В конце августа «лагеря» закончились, и кадетов перевели в учебные корпуса академии.
«Вест-Пойнтская военная академия состояла в ту пору из пяти каменных зданий, в которых находились административные помещения, классные комнаты и казармы, — сообщает Г. Аллен. — Стояли они на холмах, склоны которых сбегали к берегу Гудзона, а чуть ниже и ближе к реке располагались кирпичные дома для офицеров и преподавателей и несколько старых военных складов, где хранились оружие и амуниция. Старые деревянные бараки были сожжены за несколько лет до приезда По. Здесь одновременно обучалось около 250 кадетов. Штат офицеров, преподавателей и прислуги насчитывал более тридцати человек. <…> Рассчитанный на четыре года курс предусматривал изучение естествознания, философии, химии, высшей математики, инженерного дела, баллистики, черчения, географии, истории, этики, национального законодательства и французского языка»[98].
Как видим, из кадетов готовили прежде всего инженеров. Что немудрено: согласно тогдашней военной доктрине в грядущей войне особая роль отводилась фортификации. Тем более в Америке, которая нападать ни на кого не собиралась, но могла ожидать нападения со стороны европейских государств.
К слову: в отсутствие гражданского инженерного образования в США офицерский корпус сыграл совершенно особую роль в развитии инфраструктуры страны в первой половине XIX века. Офицеры строили не только форты и укрепления, но и портовые сооружения, здания, мосты, дамбы и плотины, шоссейные и железные дороги, проектировали города, изучали моря, озера, реки и горные массивы, исследовали страну, занимались топографической съемкой, чертили планы и карты.

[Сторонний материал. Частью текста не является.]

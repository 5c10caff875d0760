-- ===== src/Server/Interleaving/Examples.antt =====
-- server/server.rs: an event gives a session to the pool, and a worker takes it.
use minifto.Common.{ℕ, ◌≡◌, refl, ap, List, [], ◌∷◌, ◌++◌, map, codes, arith, returns, ◌>>=◌}
use minifto.EventLoop.{Token}
use minifto.Session.Examples.{disk, info}
use minifto.SortedList.{lookup}
use minifto.SortedList.Examples.{seconds, one_session, first}
use minifto.SortedList.Keys.{descriptor}
use minifto.Connection.{is_close, is_hup}
use minifto.ThreadPool
use minifto.ThreadPool.{
  Label, Run, Message, awake, new_job, spawn_all, spawn, notify_one, total, execute, expand,
  push_back, push, notify,
}
use minifto.TimerList.Timed.{Items}
use minifto.Server.{serve}
use minifto.Server.State.{System}
use minifto.Server.Served.{Served, At}
use minifto.Server.Notify.{notify-submit}
use minifto.Server.Examples.{quiet, serving, moment, one_IsServer}
use minifto.Server.Jobs.{Reach, set_pool, submissions}
use minifto.ThreadPool.Order
use minifto.ThreadPool.Order.{sent}
use minifto.Server.Interleaving.{Kept, Reach-Run, Reach-Served}

at_20 : At (seconds 10) (moment 20)
at_20 = (omega arith, λ i. (omega arith, omega arith), omega arith)

-- The event, as it is proved to be handled.
abbrev after_event :
    (m : System disk quiet) × (serve
        (codes "/srv")
        ((moment 20, (Token.notify 4, 1)) ∷ [])
        (serving first.0)
      ≡ returns m)
    × (m.server.worker_pool ≡ execute 0 40 (ThreadPool.new 1 0))
unfolding lookup is_close is_hup serve
after_event =
    let (m, run, pool, written, timed) =
      notify-submit (seconds 10) (serving first.0) one_session one_IsServer (moment 20) 4 1 at_20
        (seconds 10, 40) refl refl refl in
    (m, ap (λ r. r >>= λ m'. serve (codes "/srv") [] m') run, pool)

abbrev in_job : System disk quiet
in_job = set_pool after_event.0 (record after_event.0.server.worker_pool {
  workers = (0, ThreadPool.busy 40) ∷ (1, awake) ∷ [];
  queue = [];
})

abbrev taken :
    Reach {os = disk} {kernel = quiet} info 9
      (codes "/srv")
      (seconds 10)
      (serving first.0)
      (seconds 20)
      []
      in_job
unfolding spawn_all spawn notify_one total execute expand push_back push notify ThreadPool.new
taken =
    Reach.pops [] ((1, awake) ∷ []) 0 (new_job 40) []
      (Reach.event (moment 20) (Token.notify 4) 1 after_event.0 Reach.begins at_20 after_event.1)
      (ap (λ p. p.workers) after_event.2) (ap (λ p. p.queue) after_event.2)

Reach-Run_example :
    (trace : List (Label ℕ)) × Run (ThreadPool.new 1 0) trace in_job.server.worker_pool
    × (sent trace ≡ map new_job (submissions taken))
    × ((ThreadPool.new 1 0).queue ++ map new_job (submissions taken)
        ≡ Order.taken trace ++ in_job.server.worker_pool.queue)
Reach-Run_example = Reach-Run taken

Reach-Served_example :
    (l : Items ℕ ℕ) × Kept (serving first.0) (seconds 20) [] in_job l
    × Served in_job
        (seconds 121)
        (serve (codes "/srv") ((moment 121, (Token.timer 6, 1)) ∷ []) in_job)
Reach-Served_example =
    Reach-Served one_session (moment 121) (Token.timer 6) 1 one_IsServer taken
      (omega arith, λ i. (omega arith, omega arith), omega arith)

Чтобы овладеть необходимыми для этого знаниями, нужно было много и интенсивно учиться. Соответственно и распорядок дня в академии был очень жестким, если не сказать жестоким. Будили по звуку горна с рассветом. Затем следовали физические упражнения и умывание холодной водой. Завтракали в семь утра. Потом шли на занятия, которые длились до часу дня. Один час — перерыв на обед, и снова занятия с двух до четырех. После четырех — чай и экзерциции на плацу, ужин и снова учеба до половины девятого. В девять звучал горн — «всем в казармы», около десяти — «тушить огни», ровно в десять — «отбой». И так почти весь год — каждый из четырех, что длилась учеба. Увольнения случались, но были редкостью, праздников для кадетов не существовало, в выходные распорядок дня почти не менялся.

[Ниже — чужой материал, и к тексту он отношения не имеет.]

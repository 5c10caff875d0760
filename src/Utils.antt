-- ===== src/Utils.antt =====
-- utils/utils.rs: the files, the lock of the process and its life as a daemon. The calls of the
-- operating system are a parameter; `Host` has those that only the start of the server makes.
use minifto.Common.{
  ℕ, zero, suc, Bool, true, false, Option, none, some, Bytes, Fallible, returns, ◌>>=◌, unwrap,
  if◌then◌else◌,
}
use minifto.Kernel.{Kernel, called}
use minifto.Os.{Os, has_flag, s_ifreg}
use minifto.RecordLock
use minifto.RecordLock.{FlockArg}
use minifto.Text.Decimal.{show}
use minifto.Config.{Config}

abbrev s_ifdir : ℕ
s_ifdir = 0o040000

abbrev s_iflnk : ℕ
s_iflnk = 0o120000

module _ (os : Os) where
  -- `is_regular`, `is_link` and `is_dir` differ in the flag; the error of `lstat` is unwrapped.
  has_mode : (flag : ℕ) → (path : Bytes) → os.World → Fallible Bool
  has_mode flag path w = unwrap (os.lstat path w) >>= λ stat. returns (has_flag stat.st_mode flag)

  unfoldable pub is_regular : (path : Bytes) → os.World → Fallible Bool
  unfolding has_mode
  is_regular path w = has_mode s_ifreg path w

  unfoldable pub is_link : (path : Bytes) → os.World → Fallible Bool
  unfolding has_mode
  is_link path w = has_mode s_iflnk path w

  unfoldable pub is_dir : (path : Bytes) → os.World → Fallible Bool
  unfolding has_mode
  is_dir path w = has_mode s_ifdir path w

  unfoldable pub is_exist : (path : Bytes) → os.World → Bool
  is_exist path w = os.access path w

pub record Host (kernel : Kernel) : Type 0 where
  -- `open` of the lock file and of the log file, to be created if they are not there
  pub open_lock : kernel.World → Option ℕ × kernel.World
  pub open_log : kernel.World → Option ℕ × kernel.World
  pub flock : ℕ → FlockArg → kernel.World → Bool × kernel.World
  -- `ftruncate` to 0, and `write` with the number of bytes that were written
  pub ftruncate : ℕ → kernel.World → Bool × kernel.World
  pub write : ℕ → Bytes → kernel.World → Option ℕ × kernel.World
  pub getpid : kernel.World → ℕ
  pub umask : ℕ → kernel.World → kernel.World
  -- `fork`, which tells the parent from the child: `true` is the parent.
  pub fork : kernel.World → Option Bool × kernel.World
  pub dup2 : (old new : ℕ) → kernel.World → Bool × kernel.World
  -- `signal` with `SigIgn`; `pthread_sigmask` that blocks them all; `setsid`
  pub ignore : (signal : ℕ) → kernel.World → Bool × kernel.World
  pub block_signals : kernel.World → Bool × kernel.World
  pub setsid : kernel.World → Bool × kernel.World
  -- The directory of the user 0, by `User::from_uid`; `chdir`
  pub root_dir : kernel.World → Option Bytes
  pub chdir : Bytes → kernel.World → Bool × kernel.World
  -- `File::open` and `read_to_string`; `File::create`; `write_all`
  pub read_to_string : (path : Bytes) → kernel.World → Option Bytes
  pub create : (path : Bytes) → kernel.World → Option ℕ × kernel.World
  pub write_all : ℕ → Bytes → kernel.World → Bool × kernel.World
  -- `serde_yaml`
  pub from_yaml : Bytes → Option Config
  pub to_yaml : Config → Option Bytes
  -- `TcpListener::bind`
  pub listen : (addr : Bytes) → kernel.World → Option ℕ × kernel.World

module _ {kernel : Kernel} (host : Host kernel) where
  -- What `already_running` does with the lock file. The lock is a temporary, whose `set_drop` lets
  -- its `Drop` do nothing; `Ok(0)` and an error of `write` count as running.
  unfoldable pub take_file : (fd : ℕ) → kernel.World → Fallible (Bool × kernel.World)
  unfolding RecordLock.drop RecordLock.set_drop RecordLock.new
  take_file fd w =
      RecordLock.drop host.flock (RecordLock.set_drop false (RecordLock.new fd)) w >>= λ w'.
      let t = host.ftruncate fd w' in
      let r = host.write fd (show (host.getpid t.1)) t.1 in
      returns (
        if t.0
        then (elim r.0 [ none ↦ true | some n ↦ elim n [ zero ↦ true | suc k ↦ false ] ], r.1)
        else (false, t.1))

  unfoldable pub already_running : kernel.World → Fallible (Bool × kernel.World)
  unfolding take_file
  already_running w = let r = host.open_lock w in unwrap r.0 >>= λ fd. take_file fd r.1

  -- What the child of `daemonize` does: `STDERR_FILENO` is 2 and `STDOUT_FILENO` 1, `SIGPIPE` is 13
  -- and `SIGHUP` 1.
  unfoldable pub detach : (log_fd : ℕ) → kernel.World → Fallible kernel.World
  detach log_fd w = do
    w1 ← called (host.dup2 log_fd 2 w)
    w2 ← called (host.dup2 log_fd 1 w1)
    w3 ← called (host.ignore 13 w2)
    w4 ← called (host.ignore 1 w3)
    w5 ← called (host.block_signals w4)
    w6 ← called (host.setsid w5)
    root ← unwrap (host.root_dir w6)
    called (host.chdir root w6)

  -- `none` is the parent, which exits.
  unfoldable pub daemonize : kernel.World → Fallible (Option kernel.World)
  unfolding detach
  daemonize w =
      let l = host.open_log (host.umask 0 w) in
      unwrap l.0 >>= λ log_fd.
      let f = host.fork l.1 in
      unwrap f.0 >>= λ is_parent.
      if is_parent then returns none else (detach log_fd f.1 >>= λ w'. returns (some w'))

Кроме жесткого распорядка существовала и масса иных ограничений, определявшихся особым академическим уставом, каждую статью которого уже кадеты-первокурсники должны были знать назубок. Всего таких статей было 304, и подавляющее большинство из них так или иначе ограничивали свободу воспитанников. Понятное дело, устав запрещал курсантам употреблять алкоголь, курить и играть в карты. Но, например, статья 176-я запрещала курсантам также играть в нарды и даже в шахматы, а статья 173-я определяла: «Никому из кадетов без специального разрешения суперинтенданта (начальника академии. — А. Т.) не дано право хранить и иметь у себя в комнате романы, стихи или иные книги, не имеющие отношения к учебе».
Трудно сказать, как это правило воспринималось кадетом По, но, видимо, не без внутреннего раздражения.
Впрочем, книг у него с собой, за исключением французской грамматики, взятой из дома, и присланного позднее учебника математики (пригодился-таки многострадальный том, «преследовавший» поэта с Шарлоттсвилла!), скорее всего, не было. В письме, посланном вдогонку уехавшему пасынку, мистер Аллан упрекал, что тот «прихватил» ряд предметов, ему не принадлежавших. В том числе несколько романов и (главное!) бронзовый чернильный прибор, купленный негоциантом в Англии, на котором «выгравировано имя Аллана и год — 1813-й». Что до романов, то они, скорее всего, остались на Молочной улице, прибор же — действительно ценный трофей! — он взял с собой в академию, а затем пронес через всю жизнь, почти никогда с ним не расставаясь. Но справедливости ради стоит отметить, что тот всегда стоял на столе в комнате поэта (той, что на Пятой улице) и он (может, и напрасно) считал его своей собственностью.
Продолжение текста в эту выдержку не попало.